In 1944, Marty M. [left] wrote a letter on lavender* stationery from her 48th Street address in New York City to Paul H., Esq. [right, 1956], at “Man. Ave, N.W.” [Massachusetts Avenue NW], Washington, D.C. In the letter, she said in part:


    I don’t remember whether I told you anything of my pet project when I was there – [inserting above the line] or you were here – making alcoholism respectable. In any case, I worked out a practical feasible place for beginning a campaign of education on a nation-wide scale. It needed scientific backing and it needed funds. Both have since been provided by Yale, where, as you probably know, Drs. Haggard & Jellinek of the Laboratory of Applied Physiology have established 1) a Section on Alcohol Studies, 2) a summer school of Studies in Alcohol, 3) the Quarterly Journal of Studies in Alcohol, 4) The Yale Plan – which has opened two free clinics, one in Hartford, one in New Haven, for alcoholics. Apparently, they were just getting ready for project no. 5 – an educational campaign – when my plan turned up, they accepted it – and me.

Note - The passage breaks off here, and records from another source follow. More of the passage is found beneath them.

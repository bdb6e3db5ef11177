-- ===== src/Ordering/Laws.antt =====
-- A sorted list holds what the list held, in order.
use kplayer_go.Prelude.{
  ℕ, zero, suc, ◌≤◌, ◌≡◌, refl, Bool, true, false, List, [], ◌∷◌, arith, if◌then◌else◌, Bool-cases,
  inl, inr, String,
}
use mathlib.Core.Path.{subst}
use kplayer_go.Prelude.Lists.{All-drop, length, count, take, drop, All, All-mono}
use kplayer_go.Ordering.{insert_by, sort_by, newer, older}

-- Every element is related to all the later ones.
abbrev pub IsSorted {ℓ} : {A : Type ℓ} → (A → A → Type 0) → List A → Type 0
IsSorted R [] = Unit
IsSorted R (x ∷ xs) = All (R x) xs × IsSorted R xs

module _ {ℓ} {A : Type ℓ} (less : A → A → Bool) where
  count-insert_by :
      (p : A → Bool) (x : A) (ys : List A) → count p (insert_by less x ys) ≡ count p (x ∷ ys)
  unfolding insert_by
  count-insert_by p x [] = refl
  count-insert_by p x (y ∷ ys) = ground (arith, count-insert_by p x ys)

  pub count-sort_by : (p : A → Bool) (xs : List A) → count p (sort_by less xs) ≡ count p xs
  unfolding sort_by
  count-sort_by p [] = refl
  count-sort_by p (x ∷ xs) =
      ground (arith, count-insert_by p x (sort_by less xs), count-sort_by p xs)

  length-insert_by : (x : A) (ys : List A) → length (insert_by less x ys) ≡ suc (length ys)
  unfolding insert_by
  length-insert_by x [] = refl
  length-insert_by x (y ∷ ys) = ground (arith, length-insert_by x ys)

  pub length-sort_by : (xs : List A) → length (sort_by less xs) ≡ length xs
  unfolding sort_by
  length-sort_by [] = refl
  length-sort_by (x ∷ xs) = ground (arith, length-insert_by x (sort_by less xs), length-sort_by xs)

  All-insert_by {κ} :
      (P : A → Type κ) (x : A) (ys : List A) → P x → All P ys → All P (insert_by less x ys)
  unfolding insert_by
  All-insert_by P x [] p h = (p, tt)
  All-insert_by P x (y ∷ ys) p h =
      elim (less y x) as (λ b. All P (if b then y ∷ insert_by less x ys else x ∷ y ∷ ys)) [
        | true ↦ (h.0, All-insert_by P x ys p h.1)
        | false ↦ (p, h)
      ]

  pub All-sort_by {κ} : (P : A → Type κ) (xs : List A) → All P xs → All P (sort_by less xs)
  unfolding sort_by
  All-sort_by P [] h = tt
  All-sort_by P (x ∷ xs) h = All-insert_by P x (sort_by less xs) h.0 (All-sort_by P xs h.1)

  All-uninsert_by {κ} :
      (P : A → Type κ) (x : A) (ys : List A) → All P (insert_by less x ys) → P x × All P ys
  unfolding insert_by
  All-uninsert_by P x [] h = h
  All-uninsert_by P x (y ∷ ys) h = elim (Bool-cases (less y x)) [
    | inl e ↦
        let same : insert_by less x (y ∷ ys) ≡ y ∷ insert_by less x ys = ground (arith, e) in
        let (first, rest) = subst (All P) same h in
        let (p, q) = All-uninsert_by P x ys rest in (p, (first, q))
    | inr e ↦
        let same : insert_by less x (y ∷ ys) ≡ x ∷ y ∷ ys = ground (arith, e) in
        subst (All P) same h
  ]

  pub All-unsort_by {κ} : (P : A → Type κ) (xs : List A) → All P (sort_by less xs) → All P xs
  unfolding sort_by
  All-unsort_by P [] h = tt
  All-unsort_by P (x ∷ xs) h =
      let (p, q) = All-uninsert_by P x (sort_by less xs) h in (p, All-unsort_by P xs q)

  -- For a relation that follows from the comparison.
  module _ (R : A → A → Type 0) (trans : (a b c : A) → R a b → R b c → R a c)
      (ahead : (a b : A) → less a b ≡ true → R a b)
      (behind : (a b : A) → less a b ≡ false → R b a) where
    insert_by-IsSorted : (x : A) (ys : List A) → IsSorted R ys → IsSorted R (insert_by less x ys)
    unfolding insert_by
    insert_by-IsSorted x [] s = (tt, tt)
    insert_by-IsSorted x (y ∷ ys) s = elim (Bool-cases (less y x)) [
      | inl e ↦
          let same : y ∷ insert_by less x ys ≡ insert_by less x (y ∷ ys) = ground (arith, e) in
          subst (IsSorted R) same
            (All-insert_by (R y) x ys (ahead y x e) s.0, insert_by-IsSorted x ys s.1)
      | inr e ↦
          let same : x ∷ y ∷ ys ≡ insert_by less x (y ∷ ys) = ground (arith, e) in
          let first = behind y x e in
          subst (IsSorted R) same
            ((first, All-mono (R y) (R x) (λ z r. trans x y z first r) ys s.0), s)
    ]

    pub sort_by-IsSorted : (xs : List A) → IsSorted R (sort_by less xs)
    unfolding sort_by
    sort_by-IsSorted [] = tt
    sort_by-IsSorted (x ∷ xs) = insert_by-IsSorted x (sort_by less xs) (sort_by-IsSorted xs)

module _ {ℓ} {A : Type ℓ} (time : A → ℕ) (id : A → String) where
  -- By their times, newest or oldest first.
  abbrev pub NotOlder : A → A → Type 0
  NotOlder a b = time b ≤ time a

  abbrev pub NotNewer : A → A → Type 0
  NotNewer a b = time a ≤ time b

  pub newest_first : (xs : List A) → IsSorted NotOlder (sort_by (newer time id) xs)
  newest_first =
      sort_by-IsSorted (newer time id) NotOlder (λ a b c p q. omega arith) (λ a b h. ground arith)
        (λ a b h. ground arith)

  pub oldest_first : (xs : List A) → IsSorted NotNewer (sort_by (older time id) xs)
  oldest_first =
      sort_by-IsSorted (older time id) NotNewer (λ a b c p q. omega arith) (λ a b h. ground arith)
        (λ a b h. ground arith)

-- A sorted list, cut: everything in front is related to everything behind.
module _ {ℓ} {A : Type ℓ} (R : A → A → Type 0) where
  pub IsSorted-cut :
      (k : ℕ) (xs : List A) → IsSorted R xs → All (λ a. All (R a) (drop k xs)) (take k xs)
  IsSorted-cut zero xs s = tt
  IsSorted-cut (suc k) [] s = tt
  IsSorted-cut (suc k) (x ∷ xs) s = (All-drop (R x) k xs s.0, IsSorted-cut k xs s.1)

* Marty chose lavender as the color for the National Council on Alcoholism stationery. This versatile, aromatic shrub is celebrated for its beautiful purple flowers and soothing fragrance, and it has a wide range of uses. Lavender flowers symbolize purity, calmness, devotion, and serenity, while the color purple is associated with royalty, elegance, and luxury. Historically, lavender has been used in rituals, perfumes, and even in ancient Roman baths; the name itself derives from the Latin word lavare, meaning “to wash.” Additionally, amethyst, a lavender-hued type of quartz, was believed by early Greek and Roman cultures to protect its owner from drunkenness. I am uncertain whether Marty was aware of any of this.

01 June 2025

June 1 in A.A. History

In 1949, Anne Ripley S. [right], 68, the wife of Dr. Bob, died at St. Thomas Hospital in Akron, Ohio.
     Before her death, Sister Ignatia performed a secret baptism for her as an act of love. Anne was cherished by the Akron members and by Bill and Lois W. In her final years, she suffered from severe cataracts, which left her nearly blind. The July 1949 issue of the A.A. Grapevine featured a memorial article by Bill, stating that Anne was “quite literally, the mother of our first group, Akron Number One” and that “in the full sense of the word she was one of the founders of AA.”
    After her passing, Anne’s remains were sent to Cleveland for cremation before being buried in Akron [left: gravestone].

In 1962
, Henry Berton “Bert” D. founded Harbor House, a treatment center in Memphis, Tennessee, rooted in the principles of Alcoholics Anonymous, along with religious beliefs and philosophical teachings. Bert realized that maintaining his sobriety depended on his active involvement in Alcoholics Anonymous. His life was a continuous battle for sobriety, and Harbor House became his life's work. The center continues to operate today [right: Harbor House, Feb 2023].

In 1998
, this was the deadline for submitting personal stories to be considered for inclusion in the 4th edition of the Big Book, Alcoholics Anonymous [left]. A.A.W.S. received 1,222 story submissions.